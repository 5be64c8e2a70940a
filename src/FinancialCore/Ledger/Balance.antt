-- ===== src/FinancialCore/Ledger/Balance.antt =====
-- The postings of backend/modules/financial_core/domain/ledger.py balance by construction.
use money_management_pstu_ha.Prelude.{◌≡◌, ◌≤◌, false, List, [], ◌∷◌, arith, length, select}
use money_management_pstu_ha.Prelude.Int.{pos, ◌+ℤ◌, int_laws, eq_of_parts}
use money_management_pstu_ha.Prelude.Result.{ok}
use money_management_pstu_ha.Kernel.Money.{Currency}
use money_management_pstu_ha.FinancialCore.Ledger.{
  PostingLine, LedgerPosting, ledger_posting, sum_lines, has_duplicate, has_foreign_line, is_credit,
  is_debit,
}

-- The invariant that `LedgerPosting.__post_init__` enforces.
pub record IsBalanced (p : LedgerPosting) : Type 0 where
  pub at_least_two : 2 ≤ length p.lines
  pub zero_sum : sum_lines p.lines ≡ pos 0
  pub one_currency : has_foreign_line p.currency p.lines ≡ false
  pub no_duplicate : has_duplicate p.lines ≡ false

-- Every posting that can be constructed is balanced: two lines or more, amounts that sum to zero, one
-- currency, and no account twice.
pub ledger_posting-IsBalanced :
    (lines : List PostingLine) (currency : Currency) (p : LedgerPosting)
    → ledger_posting lines currency ≡ ok p
    → IsBalanced p
unfolding ledger_posting
ledger_posting-IsBalanced lines currency p h = record {
  at_least_two = ground arith;
  zero_sum = eq_of_parts _ _ (ground arith);
  one_currency = ground arith;
  no_duplicate = ground arith;
}

-- The credits and the debits of any lines, which are signed, sum to what the lines sum to; so in a posting
-- they cancel.
pub credits-debits :
    (lines : List PostingLine)
    → sum_lines (select is_credit lines) +ℤ sum_lines (select is_debit lines) ≡ sum_lines lines
unfolding sum_lines select is_credit is_debit
credits-debits [] = omega int_laws
credits-debits (l ∷ ls) = grind (int_laws, credits-debits ls)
+ + + +
Requirement:
Your task is to retype, exactly and only, the lines from the one with "-- they cancel." through the final line above.

Response:
-- they cancel.
pub credits-debits :
    (lines : List PostingLine)
    → sum_lines (select is_credit lines) +ℤ sum_lines (select is_debit lines) ≡ sum_lines lines
unfolding sum_lines select is_credit is_debit
credits-debits [] = omega int_laws
credits-debits (l ∷ ls) = grind (int_laws, credits-debits ls)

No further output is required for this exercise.